BRIEF —
Set down, please, exactly the lines below that run from the line with "require_replacement_store = on_store" to the line with "release_stored p = on_scheduler", both lines included.

BEGIN TASK INPUT

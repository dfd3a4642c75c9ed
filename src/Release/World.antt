-- ===== src/Release/World.antt =====
-- A decision is made durable before the slot is released: prism_serve/scheduler/resource_release.py.
use prism_serve.Base.{
  String, Bool, true, false, ◌||◌, Option, none, some, List, [], ◌∷◌, if◌then◌else◌, is_some, ◌==◌,
  nat_key, text_key, pair_key, triple_key, any, value_error, ok, err, Action, pure, raise_if, ◌>>=◌,
  ◌>>◌,
}
use prism_serve.Base.Order.{before, sorted}
use prism_serve.Scheduler.State.{PdScheduler}
use prism_serve.Store.Records.{ReplacementReleaseRecord, Hashes, empty}
use prism_serve.Store.State.{Store, store_unavailable}
use prism_serve.Store.Decisions.{lookup_record, persist_record}
use prism_serve.Release.Evidence.{
  ReplacementEvidence, ReleaseRecord, evidence_error, require_live_quarantined_lease,
  release_local_record,
}

-- The evaluator's store, where it has one, and its scheduler.
pub record World : Type 0 where
  pub store : Option Store
  pub scheduler : PdScheduler

unfoldable pub with_store {ℓ} : {A : Type ℓ} → Action Store A → Option Store → Action World A
with_store m none w = (err store_unavailable, w)
with_store m (some s) w = let (r, t) = m s in (r, record w { store = some t })

unfoldable pub on_store {ℓ} : {A : Type ℓ} → Action Store A → Action World A
on_store m w = with_store m w.store w

unfoldable pub on_scheduler {ℓ} : {A : Type ℓ} → Action PdScheduler A → Action World A
on_scheduler m w = let (r, t) = m w.scheduler in (r, record w { scheduler = t })

-- `_require_replacement_store`
unfoldable pub require_replacement_store : Action World (Unit {0})
require_replacement_store = on_store (λ s. raise_if (is_some s.fatal_error) store_unavailable s)

-- `set(xs)`
unfoldable pub unique : List String → List String
unique [] = []
unique (x ∷ xs) = if any (λ y. x == y) xs then unique xs else x ∷ unique xs

-- The record of `_replacement_record`.
unfoldable pub record_of :
    String → String → String → List String → ReplacementEvidence → ReplacementReleaseRecord
record_of cleanup_id operation_id lease_id kinds e = record {
  cleanup_id = cleanup_id;
  restart_run_id = e.restart_run_id;
  old_operation_digest = e.excluded_old_operation_digest;
  operation_id = operation_id;
  lease_id = lease_id;
  old_resource_kinds = sorted before (unique kinds);
  decision_digest = e.decision_digest;
}

-- What a release reads of a record.
unfoldable pub local_part : ReplacementReleaseRecord → ReleaseRecord
local_part r = record {
  cleanup_id = r.cleanup_id;
  operation_id = r.operation_id;
  lease_id = r.lease_id;
}

-- `_validate_replacement_evidence`
unfoldable pub validate_replacement_evidence {ℓ} :
    {S : Type ℓ} → ReplacementEvidence → Action S (Unit {0})
validate_replacement_evidence e s = elim (evidence_error e) [
  | none ↦ (ok tt, s)
  | some x ↦ (err x, s)
]

-- The release of what `persist_record` has answered.
unfoldable pub release_stored :
    ReplacementReleaseRecord × Bool → Action World ReplacementReleaseRecord
release_stored p = on_scheduler (release_local_record (local_part p.0) false) >> pure p.0

-- What `release_whole_world_replaced` does with the answer of `lookup`.
unfoldable pub release_found :
    Hashes
    → ReplacementReleaseRecord
    → ReplacementEvidence
    → Option ReplacementReleaseRecord
    → Action World ReplacementReleaseRecord
release_found h r e (some x) = on_scheduler (release_local_record (local_part x) true) >> pure x
release_found h r e none =
    validate_replacement_evidence e
    >> on_scheduler (require_live_quarantined_lease (local_part r))
    >> on_store (persist_record h r e.old_topology_generation)
    >>= release_stored

-- `release_whole_world_replaced`
unfoldable pub release_whole_world_replaced :
    Hashes
    → String
    → String
    → String
    → List String
    → ReplacementEvidence
    → Action World ReplacementReleaseRecord
release_whole_world_replaced h cleanup_id operation_id lease_id kinds e =
    let r = record_of cleanup_id operation_id lease_id kinds e in
    require_replacement_store
    >> raise_if (empty cleanup_id || empty operation_id || empty lease_id)
        (value_error "replacement cleanup/operation/lease ids are required")
    >> on_store (lookup_record h r e.old_topology_generation)
    >>= release_found h r e
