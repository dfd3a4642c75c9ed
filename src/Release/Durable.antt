-- ===== src/Release/Durable.antt =====
-- A slot is released after its decision is in the store: prism_serve/scheduler/resource_release.py.
use prism_serve.Release.Evidence.{
  require_live_quarantined_lease, ReplacementEvidence, ReleaseRecord, evidence_error,
  release_local_record,
}
use prism_serve.Base.{
  String, ◌≡◌, refl, sym, ap, subst, ◌∙◌, ◌⊎◌, inl, inr, Bool, true, false, not, ◌||◌, Option, none,
  some, List, Bool-cases, Option-cases, is_some, ◌==◌, nat_key, text_key, pair_key, triple_key,
  value_error, Result, ok, err, Action, pure, raise_if, ◌>>=◌, ◌>>◌, bind_end,
}
use prism_serve.Base.Dict.{lookup}
use prism_serve.Scheduler.State.{quarantined, PdScheduler}
use prism_serve.Scheduler.Leases.{same}
use prism_serve.Store.Records.{ReplacementReleaseRecord, key_of, Hashes, empty}
use prism_serve.Store.State.{Store, store_unavailable}
use prism_serve.Store.Decisions.{lookup_record, persist_record}
use prism_serve.Store.Lookups.{refused, found, missing, lookup_record-cases}
use prism_serve.Store.Again.{Persisted, persist_record-Persisted}
use prism_serve.Release.World.{
  World, with_store, on_scheduler, validate_replacement_evidence, local_part, release_found,
  release_stored, on_store, require_replacement_store, release_whole_world_replaced, record_of,
}

-- The store is sound and holds the record.
abbrev pub Recorded : ReplacementReleaseRecord → Option Store → Type 0
Recorded r none = ⊥
Recorded r (some s) = (s.fatal_error ≡ none) × (lookup (key_of r) s.records ≡ some r)

module _ (r : ReplacementReleaseRecord) (sch : PdScheduler) where
  -- The scheduler is as it was, or the record is in the store.
  abbrev pub Backed : World → Type 0
  Backed w = (w.scheduler ≡ sch) ⊎ Recorded r w.store

  -- The scheduler is as it was, and what is answered is the record, in the store.
  abbrev Looked : Result (Option ReplacementReleaseRecord) × World → Type 0
  Looked (err e, w) = w.scheduler ≡ sch
  Looked (ok none, w) = w.scheduler ≡ sch
  Looked (ok (some x), w) = (x ≡ r) × Recorded r w.store

  abbrev Stored : Result (ReplacementReleaseRecord × Bool) × World → Type 0
  Stored (err e, w) = w.scheduler ≡ sch
  Stored (ok p, w) = Recorded r w.store

  looked :
      (h : Hashes) (old : String) (o : Option Store) (w : World)
      → w.scheduler ≡ sch
      → Looked (with_store (lookup_record h r old) o w)
  unfolding with_store
  looked h old none w e = e
  looked h old (some s) w e = elim (lookup_record-cases h r old s) [
    | refused x p ↦ subst (λ q. Looked (q.0, record w { store = some q.1 })) (sym p) e
    | found i p q ↦ subst (λ q. Looked (q.0, record w { store = some q.1 })) (sym p) (refl, (i, q))
    | missing p q ↦ subst (λ q. Looked (q.0, record w { store = some q.1 })) (sym p) e
  ]

  persisted :
      (w : World) (p : Result (ReplacementReleaseRecord × Bool) × Store)
      → w.scheduler ≡ sch
      → Persisted r p
      → Stored (p.0, record w { store = some p.1 })
  persisted w (ok (x, b), t) e q = (q.1, q.2)
  persisted w (err x, t) e q = e

  stored :
      (h : Hashes) (old : String) (o : Option Store) (w : World)
      → w.scheduler ≡ sch
      → Stored (with_store (persist_record h r old) o w)
  unfolding with_store
  stored h old none w e = e
  stored h old (some s) w e =
      persisted w (persist_record h r old s) e (persist_record-Persisted h r old s)

  -- A step on the scheduler leaves the store.
  released-Backed :
      {A B : Type 0} (m : Action PdScheduler A) (b : B) (w : World)
      → Recorded r w.store
      → Backed ((on_scheduler m >>= λ _. pure b) w).1
  unfolding on_scheduler
  released-Backed m b w h =
      bind_end (λ p. Backed p.1) (on_scheduler m) (λ _. pure b) w
        (λ a t e. inr (subst (Recorded r) (ap (λ p. p.1.store) e) h))
        (λ x t e. inr (subst (Recorded r) (ap (λ p. p.1.store) e) h))

live_unchanged : (r : ReleaseRecord) (s : PdScheduler) → (require_live_quarantined_lease r s).1 ≡ s
unfolding require_live_quarantined_lease
live_unchanged r s = elim (Option-cases (lookup r.operation_id s.slot_leases)) [
  | inl e ↦ rw (e, require_live_quarantined_lease) refl
  | inr (l, e) ↦
      elim (Bool-cases (not (l.lease_id == r.lease_id) || not (same l.state quarantined))) [
        | inl bad ↦ rw (e, bad, require_live_quarantined_lease) refl
        | inr good ↦ rw (e, good, require_live_quarantined_lease) refl
      ]
]

pub evidence_unchanged :
    {S : Type 0} (e : ReplacementEvidence) (s : S) → (validate_replacement_evidence e s).1 ≡ s
unfolding validate_replacement_evidence
evidence_unchanged e s = elim (Option-cases (evidence_error e)) [
  | inl p ↦ rw (p, validate_replacement_evidence) refl
  | inr (x, p) ↦ rw (p, validate_replacement_evidence) refl
]

with_store-scheduler :
    {A : Type 0} (m : Action Store A) (o : Option Store) (w : World)
    → (with_store m o w).1.scheduler ≡ w.scheduler
unfolding with_store
with_store-scheduler m none w = refl
with_store-scheduler m (some s) w = refl

-- The state after a step, from what the step answered.
state_of : {S A : Type 0} {p : Result A × S} (x : Result A) (t : S) → p ≡ (x, t) → t ≡ p.1
state_of x t e = sym (ap (λ q. q.1) e)

module _ (h : Hashes) (ev : ReplacementEvidence) (r : ReplacementReleaseRecord)
    (sch : PdScheduler) where
  checked_scheduler :
      (w : World)
      → w.scheduler ≡ sch
      → ((validate_replacement_evidence ev
            >> on_scheduler (require_live_quarantined_lease (local_part r)))
          w).1.scheduler
        ≡ sch
  unfolding on_scheduler
  checked_scheduler w e =
      bind_end (λ p. p.1.scheduler ≡ sch) (validate_replacement_evidence ev)
        (λ _. on_scheduler (require_live_quarantined_lease (local_part r))) w
        (λ a t p.
          live_unchanged (local_part r) t.scheduler
          ∙ ap (λ x. x.scheduler) (state_of _ t p ∙ evidence_unchanged ev w)
          ∙ e)
        (λ x t p. ap (λ x. x.scheduler) (state_of _ t p ∙ evidence_unchanged ev w) ∙ e)

  after_checks :
      (w : World)
      → w.scheduler ≡ sch
      → Stored r sch (
          (validate_replacement_evidence ev
              >> on_scheduler (require_live_quarantined_lease (local_part r))
              >> on_store (persist_record h r ev.old_topology_generation))
            w)
  unfolding on_store
  after_checks w e =
      bind_end (Stored r sch)
        (validate_replacement_evidence ev
          >> on_scheduler (require_live_quarantined_lease (local_part r)))
        (λ _. on_store (persist_record h r ev.old_topology_generation)) w
        (λ a t p.
          stored r sch h ev.old_topology_generation t.store t
            (ap (λ x. x.scheduler) (state_of _ t p) ∙ checked_scheduler w e))
        (λ x t p. ap (λ x. x.scheduler) (state_of _ t p) ∙ checked_scheduler w e)

  found-Backed :
      (o : Option ReplacementReleaseRecord) (w : World)
      → Looked r sch (ok o, w)
      → Backed r sch (release_found h r ev o w).1
  unfolding release_found release_stored on_store
  found-Backed (some x) w l =
      released-Backed r sch (release_local_record (local_part x) true) x w l.1
  found-Backed none w l =
      let c =
        validate_replacement_evidence ev
        >> on_scheduler (require_live_quarantined_lease (local_part r)) in
      let p = on_store (persist_record h r ev.old_topology_generation) in
      bind_end (λ q. Backed r sch q.1) (c >> p) release_stored w
        (λ a t e.
          released-Backed r sch (release_local_record (local_part a.0) false) a.0 t
            (subst (Stored r sch) e (after_checks w l)))
        (λ x t e. inl (subst (Stored r sch) e (after_checks w l)))

  required_scheduler :
      (ids : Bool) (w : World)
      → w.scheduler ≡ sch
      → ((require_replacement_store
            >> raise_if ids (value_error "replacement cleanup/operation/lease ids are required"))
          w).1.scheduler
        ≡ sch
  unfolding on_store require_replacement_store
  required_scheduler ids w e =
      let kept =
        with_store-scheduler (λ s. raise_if (is_some s.fatal_error) store_unavailable s) w.store w
        ∙ e in
      bind_end (λ p. p.1.scheduler ≡ sch) require_replacement_store
        (λ _. raise_if ids (value_error "replacement cleanup/operation/lease ids are required")) w
        (λ a t p. ap (λ x. x.scheduler) (state_of _ t p) ∙ kept)
        (λ x t p. ap (λ x. x.scheduler) (state_of _ t p) ∙ kept)

  -- What the first steps answer, to where the store is asked.
  first_steps :
      (ids : Bool) (w : World)
      → w.scheduler ≡ sch
      → Looked r sch (
          (require_replacement_store
              >> raise_if ids (value_error "replacement cleanup/operation/lease ids are required")
              >> on_store (lookup_record h r ev.old_topology_generation))
            w)
  unfolding on_store require_replacement_store
  first_steps ids w e =
      bind_end (Looked r sch)
        (require_replacement_store
          >> raise_if ids (value_error "replacement cleanup/operation/lease ids are required"))
        (λ _. on_store (lookup_record h r ev.old_topology_generation)) w
        (λ a t p.
          looked r sch h ev.old_topology_generation t.store t
            (ap (λ x. x.scheduler) (state_of _ t p) ∙ required_scheduler ids w e))
        (λ x t p. ap (λ x. x.scheduler) (state_of _ t p) ∙ required_scheduler ids w e)

-- Whether the call returns or raises.
pub release-Backed :
    (h : Hashes) (cleanup_id operation_id lease_id : String) (kinds : List String)
    (ev : ReplacementEvidence) (w : World)
    → Backed
        (record_of cleanup_id operation_id lease_id kinds ev)
        w.scheduler
        (release_whole_world_replaced h cleanup_id operation_id lease_id kinds ev w).1
unfolding release_whole_world_replaced
release-Backed h cleanup_id operation_id lease_id kinds ev w =
    let r = record_of cleanup_id operation_id lease_id kinds ev in
    let ids = empty cleanup_id || empty operation_id || empty lease_id in
    bind_end (λ p. Backed r w.scheduler p.1)
      (require_replacement_store
        >> raise_if ids (value_error "replacement cleanup/operation/lease ids are required")
        >> on_store (lookup_record h r ev.old_topology_generation))
      (release_found h r ev) w
      (λ o t e.
        found-Backed h ev r w.scheduler o t
          (subst (Looked r w.scheduler) e (first_steps h ev r w.scheduler ids w refl)))
      (λ x t e. inl (subst (Looked r w.scheduler) e (first_steps h ev r w.scheduler ids w refl)))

END TASK INPUT

SOLUTION TO THIS EXERCISE —
require_replacement_store = on_store (λ s. raise_if (is_some s.fatal_error) store_unavailable s)

-- `set(xs)`
unfoldable pub unique : List String → List String
unique [] = []
unique (x ∷ xs) = if any (λ y. x == y) xs then unique xs else x ∷ unique xs

-- The record of `_replacement_record`.
unfoldable pub record_of :
    String → String → String → List String → ReplacementEvidence → ReplacementReleaseRecord
record_of cleanup_id operation_id lease_id kinds e = record {
  cleanup_id = cleanup_id;
  restart_run_id = e.restart_run_id;
  old_operation_digest = e.excluded_old_operation_digest;
  operation_id = operation_id;
  lease_id = lease_id;
  old_resource_kinds = sorted before (unique kinds);
  decision_digest = e.decision_digest;
}

-- What a release reads of a record.
unfoldable pub local_part : ReplacementReleaseRecord → ReleaseRecord
local_part r = record {
  cleanup_id = r.cleanup_id;
  operation_id = r.operation_id;
  lease_id = r.lease_id;
}

-- `_validate_replacement_evidence`
unfoldable pub validate_replacement_evidence {ℓ} :
    {S : Type ℓ} → ReplacementEvidence → Action S (Unit {0})
validate_replacement_evidence e s = elim (evidence_error e) [
  | none ↦ (ok tt, s)
  | some x ↦ (err x, s)
]

-- The release of what `persist_record` has answered.
unfoldable pub release_stored :
    ReplacementReleaseRecord × Bool → Action World ReplacementReleaseRecord
release_stored p = on_scheduler (release_local_record (local_part p.0) false) >> pure p.0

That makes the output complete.